Serie TV > Castle
Segui la storia  |       
Autore: nikita82roma    23/01/2017    3 recensioni
Rick ha detto a Kate che non sarebbe stato a guardarla mentre buttava via la sua vita. È tornato a casa dopo la consegna del diploma di Alexis quando sente bussare alla porta del loft. Ma non è Kate, è Esposito che lo avvisa che Beckett è in ospedale gravemente ferita. Si parte da "Always" ma il percorso poi è completamente diverso.
FF nata da un'idea cristalskies e con il suo contributo.

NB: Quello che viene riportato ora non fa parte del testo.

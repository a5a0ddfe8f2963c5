-- ===== src/Audit/Chain/Journal.antt =====
-- audit/postgres.py, PostgresAuditSink: the rows that `record` appends under its lock, as the list in
-- `seq` order, and what `_chain_row` makes of them. The database chooses the `seq`.
use headofcontext.Prelude.{
  ◌≡◌, refl, ap, ℕ, String, Bool, true, none, some, List, [], ◌∷◌, ◌++◌, lookup, arith, eq_refl,
}
use headofcontext.Core.Errors.{ok}
use headofcontext.Core.Events.{AuditEvent}
use headofcontext.Audit.Payload.{Json, ReadsBack, event_kind_text, asdict, canonical_json}
use headofcontext.Audit.Payload.Roundtrip.{event_from_payload-canonical_json}
use headofcontext.Audit.Chain.{
  ChainRow, StoredAuditEvent, genesis_hash, compute_hash, columns_differ, chain, head_of,
  record_stored, verify_links, verify_chain, verify_rows,
}
use headofcontext.Audit.Chain.Laws
use headofcontext.Audit.Chain.Laws.{last_hash, intact, verify_rows-intact}

-- The reporting columns that `_chain_row` puts in a row.
unfoldable pub columns_of : AuditEvent → List (String × String)
columns_of e =
    ("kind", event_kind_text e.kind)
    ∷ ("subject", e.subject)
    ∷ ("actor", e.actor)
    ∷ ("action", e.action)
    ∷ ("resource", e.resource)
    ∷ ("outcome", e.outcome)
    ∷ ("reason", e.reason)
    ∷ []

module _ (json : Json) (sha256 : String → String) where
  -- `record`: the row after the last one, or after the genesis hash.
  unfoldable pub record_row : ℕ → AuditEvent → List ChainRow → List ChainRow
  record_row seq event rows =
      let prev_hash : String = last_hash genesis_hash rows in
      rows
      ++ record {
        seq = seq;
        payload = canonical_json json event;
        prev_hash = prev_hash;
        stored_hash = compute_hash json sha256 prev_hash event;
        columns = some (columns_of event);
      }
        ∷ []

  -- Any sequence of calls of `record`.
  unfoldable pub record_rows : List (ℕ × AuditEvent) → List ChainRow → List ChainRow
  unfolding record_row
  record_rows [] rows = rows
  record_rows ((seq, event) ∷ later) rows = record_rows later (record_row seq event rows)

  abbrev pub AllReadBack : List (ℕ × AuditEvent) → Type 0
  AllReadBack [] = Unit
  AllReadBack ((seq, event) ∷ later) = ReadsBack json event × AllReadBack later

  columns-agree :
      (e : AuditEvent)
      → ReadsBack json e
      → columns_differ json sha256 (columns_of e) (asdict json e) ≡ Bool.false
  unfolding columns_of asdict lookup
  columns-agree e back = simp (back.str_text, eq_refl)

  Linked-append :
      (prev : String) (rows : List ChainRow) (row : ChainRow)
      → Laws.Linked json sha256 prev rows
      → row.prev_hash ≡ last_hash prev rows
      → Laws.Holds json sha256 row
      → Laws.Linked json sha256 prev (rows ++ row ∷ [])
  Linked-append prev [] row linked same holds = (same, holds, tt)
  Linked-append prev (r ∷ rest) row (named, held, linked) same holds =
      (named, held, Linked-append r.stored_hash rest row linked same holds)

  record_row-Holds :
      (seq : ℕ) (event : AuditEvent) (prev_hash : String)
      → ReadsBack json event
      → Laws.Holds json sha256 (record {
        seq = seq;
        payload = canonical_json json event;
        prev_hash = prev_hash;
        stored_hash = compute_hash json sha256 prev_hash event;
        columns = some (columns_of event);
      })
  unfolding canonical_json
  record_row-Holds seq event prev_hash back = (
    event,
    event_from_payload-canonical_json json event back,
    refl,
    rw back.loads_dumps (ap ok (columns-agree event back)),
  )

  record_row-Linked :
      (seq : ℕ) (event : AuditEvent) (rows : List ChainRow)
      → ReadsBack json event
      → Laws.Linked json sha256 genesis_hash rows
      → Laws.Linked json sha256 genesis_hash (record_row seq event rows)
  unfolding record_row
  record_row-Linked seq event rows back linked =
      Linked-append genesis_hash rows _ linked refl
        (record_row-Holds seq event (last_hash genesis_hash rows) back)

  record_rows-Linked :
      (events : List (ℕ × AuditEvent)) (rows : List ChainRow)
      → AllReadBack events
      → Laws.Linked json sha256 genesis_hash rows
      → Laws.Linked json sha256 genesis_hash (record_rows events rows)
  unfolding record_rows
  record_rows-Linked [] rows back linked = linked
  record_rows-Linked ((seq, event) ∷ later) rows (back, rest) linked =
      record_rows-Linked later (record_row seq event rows) rest
        (record_row-Linked seq event rows back linked)

  -- Whatever events the sink records into an empty table, if the JSON library reads each of them back,
  -- `verify_rows` finds the table intact from the genesis hash: all rows checked, no break.
  pub verify_rows-record_rows :
      (events : List (ℕ × AuditEvent))
      → AllReadBack events
      → verify_rows json sha256 genesis_hash (record_rows events [])
        ≡ ok (intact json sha256 genesis_hash none none 0 genesis_hash (record_rows events []))
  verify_rows-record_rows events back =
      verify_rows-intact json sha256 genesis_hash (record_rows events [])
        (record_rows-Linked events [] back tt)

  verify_links-append :
      (prev : String) (events : List StoredAuditEvent) (event : AuditEvent)
      → verify_links json sha256 prev events ≡ true
      → verify_links json sha256 prev
          (events ++ chain json sha256 event (head_of json sha256 prev events) ∷ [])
        ≡ true
  unfolding verify_links
  verify_links-append prev [] event h = simp eq_refl
  verify_links-append prev (s ∷ rest) event h =
      ground (arith, verify_links-append s.hash rest event)

  -- A chain that verifies still verifies after the in-memory sink has recorded one more event.
  pub verify_chain-record_stored :
      (event : AuditEvent) (events : List StoredAuditEvent)
      → verify_chain json sha256 events ≡ true
      → verify_chain json sha256 (record_stored json sha256 event events) ≡ true
  unfolding record_stored
  verify_chain-record_stored event events h = verify_links-append genesis_hash events event h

Genere: Angst, Sentimentale | Stato: completa
Tipo di coppia: Het | Personaggi: Kate Beckett, Nuovo personaggio, Quasi tutti, Rick Castle, William Bracken | Coppie: Kate Beckett/Richard Castel
Note: What if? | Avvertimenti: nessuno | Contesto: Quarta stagione
Capitoli:
 <<    >>
Per recensire esegui il login o registrati.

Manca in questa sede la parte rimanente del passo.